The eukaryotic cell cycle is characterized by a series of tightly orchestrated events during which cellular components are replicated and subsequently divided. In mammalian cells, the precise spatiotemporal control of cell cycle progression is achieved through multiple cyclin-dependent-kinases (Cdks), which are pivotal for both the proper timing of the cell cycle and the maintenance of genomic integrity. The cell progresses through a series of different phases before division, including the pre-mitotic G2 phase and the mitotic M phase. As the interval between DNA replication and mitosis, G2 phase is the stage where protein synthesis occurs in preparation for mitosis. On the other hand, mitosis is characterized by the most dramatic events of the cell cycle, featuring chromosome condensation and segregation into two daughter cells. Transition from G2 to M phase is driven by the activation of Cdk1, which forms a heterodimer with its obligate allosteric activator Cyclin B1. This heterodimer phosphorylates downstream effectors, thereby inducing entry into mitosis. Entry into mitosis is halted by activation of the G2/M cell cycle checkpoint, which stimulates the Myt1 and Wee1 kinases; these activated kinases phosphorylate Cdk1 at Thr14 and Tyr15, resulting in Cdk1 inactivation. Failure of G2/M cell cycle arrest leads to premature mitosis and triggers a form of cell death marked by multiple micronuclei and decondensed chromatin known as "mitotic catastrophe". Mitotic catastrophe can be stimulated by the presence of incompletely replicated DNA or DNA damage, which leads to the unscheduled activation of the Cdk1/CyclinB complex.

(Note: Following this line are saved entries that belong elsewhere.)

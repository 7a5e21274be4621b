-- ===== src/Json/Text/Consumes.antt =====
-- Every round of `str` reads a byte, so the fuel of its loop is never used up.
use arcade_launcher_stream_e.Base.{
  ℕ, zero, suc, ◌+◌, ◌*◌, ◌<◌, ◌≤◌, Bytes, ◌&&◌, [], ◌∷◌, ◌++◌, leb, ◌==◌, if◌then◌else◌, Option,
  none, some, inl, inr, arith, length, Bool-cases, Option-cases, hex_value,
}
use arcade_launcher_stream_e.Base.Result.{
  Ensures, holds, rejected, ok, Ensures-if, failed, Ensures-mono,
}
use arcade_launcher_stream_e.Json.Text.{
  Round, stop, append, bad, str_loop, parse_str, Bytes, hex_loop, low_surrogate, unicode_escape,
  escape_round, str_round, ℕ, length, Option, hex4, ◌∷◌, encode_utf8,
}

-- What is left after a round is shorter than its input.
abbrev Shrinks : Bytes → Round → Type 0
Shrinks s (stop rest) = length rest < length s
Shrinks s (append bs rest) = length rest < length s
Shrinks s bad = Unit

abbrev LeavesLess : Bytes → Option (ℕ × Bytes) → Type 0
LeavesLess s none = Unit
LeavesLess s (some (v, rest)) = length rest ≤ length s

LeavesLess-mono :
    (c : ℕ) (s : Bytes) (r : Option (ℕ × Bytes)) → LeavesLess s r → LeavesLess (c ∷ s) r
LeavesLess-mono c s none h = tt
LeavesLess-mono c s (some (v, rest)) h = omega arith

hex_loop-LeavesLess : (n v : ℕ) (s : Bytes) → LeavesLess s (hex_loop n v s)
unfolding hex_loop
hex_loop-LeavesLess zero v s = omega arith
hex_loop-LeavesLess (suc n) v [] = tt
hex_loop-LeavesLess (suc n) v (c ∷ s) = elim (Option-cases (hex_value c)) [
  | inl e ↦ rw (e, hex_loop) tt
  | inr (d, e) ↦ rw (e, hex_loop) (LeavesLess-mono c s _ (hex_loop-LeavesLess n (v * 16 + d) s))
]

low_surrogate-Shrinks : (hi : ℕ) (s : Bytes) → Shrinks (b'u' ∷ s) (low_surrogate hi s)
unfolding low_surrogate hex4
low_surrogate-Shrinks hi [] = tt
low_surrogate-Shrinks hi (b ∷ []) = tt
low_surrogate-Shrinks hi (b ∷ u ∷ s) = ground (arith, hex_loop-LeavesLess 4 0 s)

Shrinks-mono : (s t : Bytes) (r : Round) → length s ≤ length t → Shrinks s r → Shrinks t r
Shrinks-mono s t (stop rest) h k = omega arith
Shrinks-mono s t (append bs rest) h k = omega arith
Shrinks-mono s t bad h k = tt

unicode_escape_step :
    (cp : ℕ) (s rest : Bytes)
    → length rest ≤ length s
    → Shrinks (b'u' ∷ s) (
        if leb 0xd800 cp && leb cp 0xdbff
        then low_surrogate cp rest
        else append (encode_utf8 cp) rest)
unicode_escape_step cp s rest h = elim (Bool-cases (leb 0xd800 cp && leb cp 0xdbff)) [
  | inl e ↦
      rw e (Shrinks-mono (b'u' ∷ rest) (b'u' ∷ s) _ (omega arith) (low_surrogate-Shrinks cp rest))
  | inr e ↦ rw e (omega arith)
]

unicode_escape-Shrinks : (s : Bytes) → Shrinks (b'u' ∷ s) (unicode_escape s)
unfolding unicode_escape hex4
unicode_escape-Shrinks s = elim (Option-cases (hex_loop 4 0 s)) [
  | inl e ↦ rw (e, unicode_escape) tt
  | inr ((cp, rest), e) ↦
      rw (e, unicode_escape) (unicode_escape_step cp s rest (rw e at (hex_loop-LeavesLess 4 0 s)))
]

escape_round-Shrinks : (s : Bytes) → Shrinks (b'\\' ∷ s) (escape_round s)
unfolding escape_round
escape_round-Shrinks [] = tt
escape_round-Shrinks (e ∷ s) = ground (arith, unicode_escape-Shrinks s)

str_round-Shrinks : (s : Bytes) → Shrinks s (str_round s)
unfolding str_round
str_round-Shrinks [] = tt
str_round-Shrinks (c ∷ s) = ground (arith, escape_round-Shrinks s)

str_loop_round :
    (f : ℕ) (out s : Bytes) (r : Round)
    → Shrinks s r
    → ((bs rest : Bytes)
        → length rest < length s
        → Ensures (λ q. length q.1 < length rest) (str_loop f (out ++ bs) rest))
    → Ensures {A = Bytes × Bytes}
        (λ q. length q.1 < length s)
        (elim r [
          | stop rest ↦ ok (out, rest)
          | append bs rest ↦ str_loop f (out ++ bs) rest
          | bad ↦ failed
        ])
str_loop_round f out s (stop rest) h k = holds h
str_loop_round f out s (append bs rest) h k = Ensures-mono (λ q m. omega arith) (k bs rest h)
str_loop_round f out s bad h k = rejected

str_loop-Ensures :
    (f : ℕ) (out s : Bytes) → length s < f → Ensures (λ r. length r.1 < length s) (str_loop f out s)
unfolding str_loop
str_loop-Ensures zero out s h = elim h [ ]
str_loop-Ensures (suc f) out s h =
    str_loop_round f out s (str_round s) (str_round-Shrinks s)
      (λ bs rest k. str_loop-Ensures f (out ++ bs) rest (omega arith))

pub parse_str-Ensures : (s : Bytes) → Ensures (λ r. length r.1 < length s) (parse_str s)
unfolding parse_str
parse_str-Ensures [] = rejected
parse_str-Ensures (c ∷ s) =
    Ensures-if (c == b'"')
      (λ e.
        Ensures-mono (λ q m. omega arith) (str_loop-Ensures (suc (length s)) [] s (omega arith)))
      (λ e. rejected)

Recent studies in the brain tumor glioblastoma (GBM) have suggested that abrogation of the G2/M checkpoint with a Wee1 inhibitor enhances the efficacy of chemotherapy and ionizing radiation[1]. Interestingly, I have found that Wee1 protein levels vary dramatically between different types of brain tumors including glioblastoma and medulloblastoma. Also, Wee1 protein abundance determines tumor sensitivity to DNA-damaging chemotherapies. Furthermore, similar to findings in the Xenopus egg extract, in a mammalian cell culture system I have found that Wee1 protein abundance is subject to regulation by the arginine methyltransferase PRMT5. Taken together, these findings suggest that Wee1 or PRMT5 may be used as effective targets for therapy in a subset of glioblastoma and medulloblastoma patients.

1. Mir, S.E., et al., In Silico Analysis of Kinase Expression Identifies WEE1 as a Gatekeeper against Mitotic Catastrophe in Glioblastoma. Cancer Cell, 2010. 18(3): p. 244-257.